Dataset items:
Segment Open
-- ===== src/Ledger/Books/Steps.antt =====
-- The steps of postOnce for a new reference, one fact for each.
use bank_core.Prelude.{◌≡◌, refl, arith, String, List, [], ◌∷◌, ◌∙◌}
use bank_core.Prelude.Int.{ℤ}
use bank_core.Prelude.Dict.{Dict, keys}
use bank_core.Prelude.Sort.{sort}
use bank_core.Prelude.Results.{ok}
use bank_core.Ledger.Domain.{Account, Balance, Posting, validate_entry}
use bank_core.Ledger.Store.{
  Db, EntryRow, EntryRef, EntryView, lift, query, insert_entry, insert_entry_ref,
}
use bank_core.Ledger.Store.Lemmas.{>>=-eq-ok, lift-eq-ok, query-eq-ok, pure-eq-ok}
use bank_core.Ledger.Service.{
  Draws, net_delta, capture_step, next_balances, insert_postings, write_balances, emit_events,
  post_new,
}
use bank_core.Ledger.Books.Entries.{
  insert_entry-eq, insert_entry_ref-eq, Posted, insert_postings-Posted, emit_events-eq,
}

-- The steps that a posted entry has gone through, up to the writes.
pub record Steps (ref_type ref_id hold_id : String) (accounts : Dict Account) (ps : List Posting)
    (db db' : Db) : Type 0 where
  pub delta : Dict ℤ
  pub adj : Dict ℤ
  pub balances : Dict Balance
  pub captured : Db
  pub valid : validate_entry ps accounts ≡ ok tt
  pub netted : net_delta ps [] ≡ ok delta
  pub capture : capture_step ref_type ref_id hold_id delta db ≡ ok (adj, captured)
  pub computed : next_balances (sort (keys delta)) accounts delta adj captured [] ≡ ok balances
  pub entered : Db
  pub posted : Db
  pub wrote : Db
  pub entry_tables :
      entered ≡ record captured { entries = entered.entries; entry_refs = entered.entry_refs }
  pub entered_ref :
      (r : EntryRef) × (r.reference_type ≡ ref_type)
      × (r.reference_id ≡ ref_id)
      × (entered.entry_refs ≡ r ∷ captured.entry_refs)
  pub legs : Posted ps entered posted
  pub writing : write_balances (sort (keys delta)) balances posted ≡ ok (tt, wrote)
  pub final_tables : db' ≡ record wrote { outbox = db'.outbox }

entered_tables :
    (db₃ db₄ db₅ db₆ : Db) (e : EntryRow) (r : EntryRef)
    → db₄ ≡ db₃
    → db₅ ≡ record db₄ { entries = e ∷ db₄.entries }
    → db₆ ≡ record db₅ { entry_refs = r ∷ db₅.entry_refs }
    → db₆ ≡ record db₃ { entries = db₆.entries; entry_refs = db₆.entry_refs }
entered_tables db₃ db₄ db₅ db₆ e r h i j = ground arith

entered_refs :
    (db₃ db₄ db₅ db₆ : Db) (e : EntryRow) (r : EntryRef)
    → db₄ ≡ db₃
    → db₅ ≡ record db₄ { entries = e ∷ db₄.entries }
    → db₆ ≡ record db₅ { entry_refs = r ∷ db₅.entry_refs }
    → db₆.entry_refs ≡ r ∷ db₃.entry_refs
entered_refs db₃ db₄ db₅ db₆ e r h i j = ground arith

last_tables :
    (db₈ db₉ db' : Db)
    → db₉ ≡ record db₈ { outbox = db₉.outbox }
    → db₉ ≡ db'
    → db' ≡ record db₈ { outbox = db'.outbox }
last_tables db₈ db₉ db' tables last = ground arith

capture_from :
    (ref_type ref_id hold_id : String) (delta adj : Dict ℤ) (db db₂ db₃ : Db)
    → db₂ ≡ db
    → capture_step ref_type ref_id hold_id delta db₂ ≡ ok (adj, db₃)
    → capture_step ref_type ref_id hold_id delta db ≡ ok (adj, db₃)
capture_from ref_type ref_id hold_id delta adj db db₂ db₃ same e = rw same at e

pub post_new-Steps :
    (draws : Draws) (ref_type ref_id hold_id : String) (accounts : Dict Account) (ps : List Posting)
    (db db' : Db) (view : EntryView)
    → post_new draws ref_type ref_id hold_id accounts ps db ≡ ok (view, db')
    → Steps ref_type ref_id hold_id accounts ps db db'
unfolding post_new
post_new-Steps draws ref_type ref_id hold_id accounts ps db db' view e =
    let (_, db₁, valid, e₁) = >>=-eq-ok (lift (validate_entry ps accounts)) _ db e in
    let (delta, db₂, netted, e₂) = >>=-eq-ok (lift (net_delta ps [])) _ db₁ e₁ in
    let (adj, db₃, capture, e₃) = >>=-eq-ok (capture_step ref_type ref_id hold_id delta) _ db₂ e₂ in
    let affected = sort (keys delta) in
    let (balances, db₄, computed, e₄) =
      >>=-eq-ok (query (λ t. next_balances affected accounts delta adj t [])) _ db₃ e₃ in
    let (_, db₅, in_entries, e₅) = >>=-eq-ok (insert_entry _) _ db₄ e₄ in
    let (_, db₆, in_refs, e₆) = >>=-eq-ok (insert_entry_ref _) _ db₅ e₅ in
    let (views, db₇, in_postings, e₇) = >>=-eq-ok (insert_postings draws 0 accounts ps) _ db₆ e₆ in
    let (_, db₈, writing, e₈) = >>=-eq-ok (write_balances affected balances) _ db₇ e₇ in
    let (_, db₉, emitted, e₉) = >>=-eq-ok (emit_events affected accounts balances _) _ db₈ e₈ in
    let (valid', t₁) = lift-eq-ok (validate_entry ps accounts) db valid in
    let (netted', t₂) = lift-eq-ok (net_delta ps []) db₁ netted in
    let (computed', t₄) =
      query-eq-ok (λ t. next_balances affected accounts delta adj t []) db₃ computed in
    let start : (db₂ ≡ db) = t₂ ∙ t₁ in
    let (_, last) = pure-eq-ok _ db₉ e₉ in
    record {
      delta = delta;
      adj = adj;
      balances = balances;
      captured = db₃;
      valid = valid';
      netted = netted';
      capture = capture_from ref_type ref_id hold_id delta adj db db₂ db₃ start capture;
      computed = computed';
      entered = db₆;
      posted = db₇;
      wrote = db₈;
      entry_tables =
          entered_tables db₃ db₄ db₅ db₆ _ _ t₄ (insert_entry-eq _ db₄ db₅ in_entries)
            (insert_entry_ref-eq _ db₅ db₆ in_refs);
      entered_ref = (
        _,
        refl,
        refl,
        entered_refs db₃ db₄ db₅ db₆ _ _ t₄ (insert_entry-eq _ db₄ db₅ in_entries)
            (insert_entry_ref-eq _ db₅ db₆ in_refs),
      );
      legs = insert_postings-Posted draws 0 accounts ps db₆ db₇ views in_postings;
      writing = writing;
      final_tables =
          last_tables db₈ db₉ db' (emit_events-eq affected accounts balances _ db₈ db₉ emitted)
            last;
    }
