-- ===== src/Ledger/Books/Outcome.antt =====
-- What posting an entry does to the tables, and the invariant after it.
use bank_core.Prelude.{
  ◌≡◌, refl, inl, inr, arith, String, str_eq, true, false, List, [], ◌∷◌, none, some, All,
  Bool-cases, sym, ◌∙◌,
}
use bank_core.Prelude.Int.{ℤ, pos, ◌+ℤ◌, ◌≤ℤ◌, int_laws}
use bank_core.Prelude.Int64.{IsInt64, add64, add64_exact}
use bank_core.Prelude.Dict.{Dict, lookup, get_or}
use bank_core.Prelude.Results.{ok}
use bank_core.Ledger.Domain.{Account, Balance, Posting, type_customer, apply_posting}
use bank_core.Ledger.Domain.Holds.{IsRow, apply_posting-ok, apply_posting-eq}
use bank_core.Ledger.Store.{Db, account_by_id}
use bank_core.Ledger.Store.Lemmas.{written, HasUniqueIds}
use bank_core.Ledger.Books.Invariant.{
  IsConsistent, IsBalanced, IsHold, sum_for, held_for, posted_in,
}
use bank_core.Ledger.Books.Deltas.{sum_legs, is_posted}

-- The balance that a posting leaves: moved by the delta, with what is held moved by the adjustment.
pub record IsMoved (type : String) (adj delta : ℤ) (b nb : Balance) : Type 0 where
  pub own : nb.account_id ≡ b.account_id
  pub moved : nb.balance ≡ b.balance +ℤ delta
  pub kept : nb.held ≡ b.held +ℤ adj
  pub row : IsRow nb
  pub covers : type ≡ type_customer → nb.held ≤ℤ nb.balance

pub apply_posting-IsMoved :
    (b nb : Balance) (type : String) (adj delta held' : ℤ)
    → IsRow b
    → IsInt64 delta
    → (type ≡ type_customer → b.held ≤ℤ b.balance)
    → held' ≡ b.held +ℤ adj
    → pos 0 ≤ℤ held'
    → adj ≤ℤ pos 0
    → apply_posting (record b { held = add64 b.held adj }) type delta ≡ ok nb
    → IsMoved type adj delta b nb
apply_posting-IsMoved b nb type adj delta held' row hd cover after nonneg less e =
    let range : IsInt64 (b.held +ℤ adj) = grind (int_laws, row.held_range, after, nonneg, less) in
    let exact = add64_exact b.held adj range in
    let start : IsRow (record b { held = add64 b.held adj }) = record {
      balance_range = row.balance_range;
      held_range = rw exact range;
      held_nonneg = rw (exact, ← after) nonneg;
    } in
    let (moved, kept, _, row', covers) =
      apply_posting-ok (record b { held = add64 b.held adj }) type delta nb start hd
        (λ customer. rw exact (grind (int_laws, less, cover customer))) e in
    let (_, _, own, _, _, _) =
      apply_posting-eq (record b { held = add64 b.held adj }) type delta e in
    record { own = own; moved = moved; kept = kept ∙ exact; row = row'; covers = covers }

-- What posting the legs has done to the tables.
pub record Outcome (ps : List Posting) (adj : Dict ℤ) (db db' : Db) : Type 0 where
  pub accounts : db'.accounts ≡ db.accounts
  pub holds_ok : All IsHold db'.holds
  pub holds_unique : HasUniqueIds db'.holds
  pub reserves : (a : String) → held_for a db'.holds ≡ held_for a db.holds +ℤ get_or adj a (pos 0)
  pub by_account : (a : String) → sum_for a db'.postings ≡ sum_for a db.postings +ℤ sum_legs a ps
  pub by_currency : (c : String) → posted_in c db'.postings ≡ posted_in c db.postings
  pub moved :
      (a : String)
      → is_posted a ps ≡ true
      → (b : Balance) × (nb : Balance) × (acct : Account) × (lookup a db.balances ≡ some b)
        × (lookup a db'.balances ≡ some (written b nb))
        × (account_by_id a db ≡ some acct)
        × IsMoved acct.type (get_or adj a (pos 0)) (sum_legs a ps) b nb
  pub kept : (a : String) → is_posted a ps ≡ false → lookup a db'.balances ≡ lookup a db.balances

sum_legs-unposted :
    (a : String) (ps : List Posting) → is_posted a ps ≡ false → sum_legs a ps ≡ pos 0
sum_legs-unposted a [] e = refl
sum_legs-unposted a (p ∷ ps) e =
    let rest : (is_posted a ps ≡ false) = ground arith in
    let other : (str_eq a p.account_id ≡ false) = ground arith in
    rw (other, sum_legs-unposted a ps rest) (omega int_laws)

module _ (ps : List Posting) (adj : Dict ℤ) (db db' : Db) (c : IsConsistent db)
    (o : Outcome ps adj db db')
    (aside : (a : String) → is_posted a ps ≡ false → get_or adj a (pos 0) ≡ pos 0) where
  -- The sums over an account of no leg stay.
  unposted-sums :
      (a : String)
      → is_posted a ps ≡ false
      → (sum_for a db'.postings ≡ sum_for a db.postings)
        × (held_for a db'.holds ≡ held_for a db.holds)
  unposted-sums a un = (
    grind (int_laws, o.by_account a, sum_legs-unposted a ps un),
    grind (int_laws, o.reserves a, aside a un),
  )

  posted-IsBalanced :
      (a : String) (b : Balance) → lookup a db'.balances ≡ some b → IsBalanced a b db'
  posted-IsBalanced a b found = elim (Bool-cases (is_posted a ps)) [
    | inl ours ↦
        let (b₀, nb, acct, before, after, known, m) = o.moved a ours in
        let old = c.balanced a b₀ before in
        let same : (b ≡ written b₀ nb) = ground (arith, found, after) in
        rw same (record {
          row = record {
            balance_range = m.row.balance_range;
            held_range = m.row.held_range;
            held_nonneg = m.row.held_nonneg;
          };
          own_id = old.own_id;
          balance_sum = grind (int_laws, m.moved, old.balance_sum, o.by_account a);
          held_sum = grind (int_laws, m.kept, old.held_sum, o.reserves a);
        })
    | inr un ↦
        let old = c.balanced a b (sym (o.kept a un) ∙ found) in
        let (sums, holds) = unposted-sums a un in
        record {
          row = old.row;
          own_id = old.own_id;
          balance_sum = old.balance_sum ∙ sym sums;
          held_sum = old.held_sum ∙ sym holds;
        }
  ]

  posted-unused :
      (a : String)
      → lookup a db'.balances ≡ none
      → (sum_for a db'.postings ≡ pos 0) × (held_for a db'.holds ≡ pos 0)
  posted-unused a missing = elim (Bool-cases (is_posted a ps)) [
    | inl ours ↦
        let (b₀, nb, acct, before, after, known, m) = o.moved a ours in
        absurd (ground (arith, missing, after))
    | inr un ↦
        let (no_sum, no_hold) = c.unused a (sym (o.kept a un) ∙ missing) in
        let (sums, holds) = unposted-sums a un in (sums ∙ no_sum, holds ∙ no_hold)
  ]

  posted-covered :
      (a : String) (b : Balance) (acct : Account)
      → lookup a db'.balances ≡ some b
      → account_by_id a db ≡ some acct
      → acct.type ≡ type_customer
      → b.held ≤ℤ b.balance
  posted-covered a b acct found known customer = elim (Bool-cases (is_posted a ps)) [
    | inl ours ↦
        let (b₀, nb, acct', before, after, known', m) = o.moved a ours in
        let same : (b ≡ written b₀ nb) = ground (arith, found, after) in
        let same' : (acct ≡ acct') = ground (arith, known, known') in
        rw same (m.covers (rw (← same') customer))
    | inr un ↦ c.covered a b acct (sym (o.kept a un) ∙ found) known customer
  ]

  pub Outcome-IsConsistent : IsConsistent db'
  unfolding account_by_id
  Outcome-IsConsistent = record {
    keyed = rw o.accounts c.keyed;
    balanced = posted-IsBalanced;
    unused = posted-unused;
    covered = λ a b acct found known. posted-covered a b acct found (rw o.accounts at known);
    holds_ok = o.holds_ok;
    holds_unique = o.holds_unique;
    conserved = λ k. o.by_currency k ∙ c.conserved k;
  }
Segment Closed
Prompt
Transcribe the lines above between the line holding "pub delta : Dict ℤ" and the line holding "(r.reference_id ≡ ref_id)", inclusive, exactly as they stand and with nothing added.

Exercise result
  pub delta : Dict ℤ
  pub adj : Dict ℤ
  pub balances : Dict Balance
  pub captured : Db
  pub valid : validate_entry ps accounts ≡ ok tt
  pub netted : net_delta ps [] ≡ ok delta
  pub capture : capture_step ref_type ref_id hold_id delta db ≡ ok (adj, captured)
  pub computed : next_balances (sort (keys delta)) accounts delta adj captured [] ≡ ok balances
  pub entered : Db
  pub posted : Db
  pub wrote : Db
  pub entry_tables :
      entered ≡ record captured { entries = entered.entries; entry_refs = entered.entry_refs }
  pub entered_ref :
      (r : EntryRef) × (r.reference_type ≡ ref_type)
      × (r.reference_id ≡ ref_id)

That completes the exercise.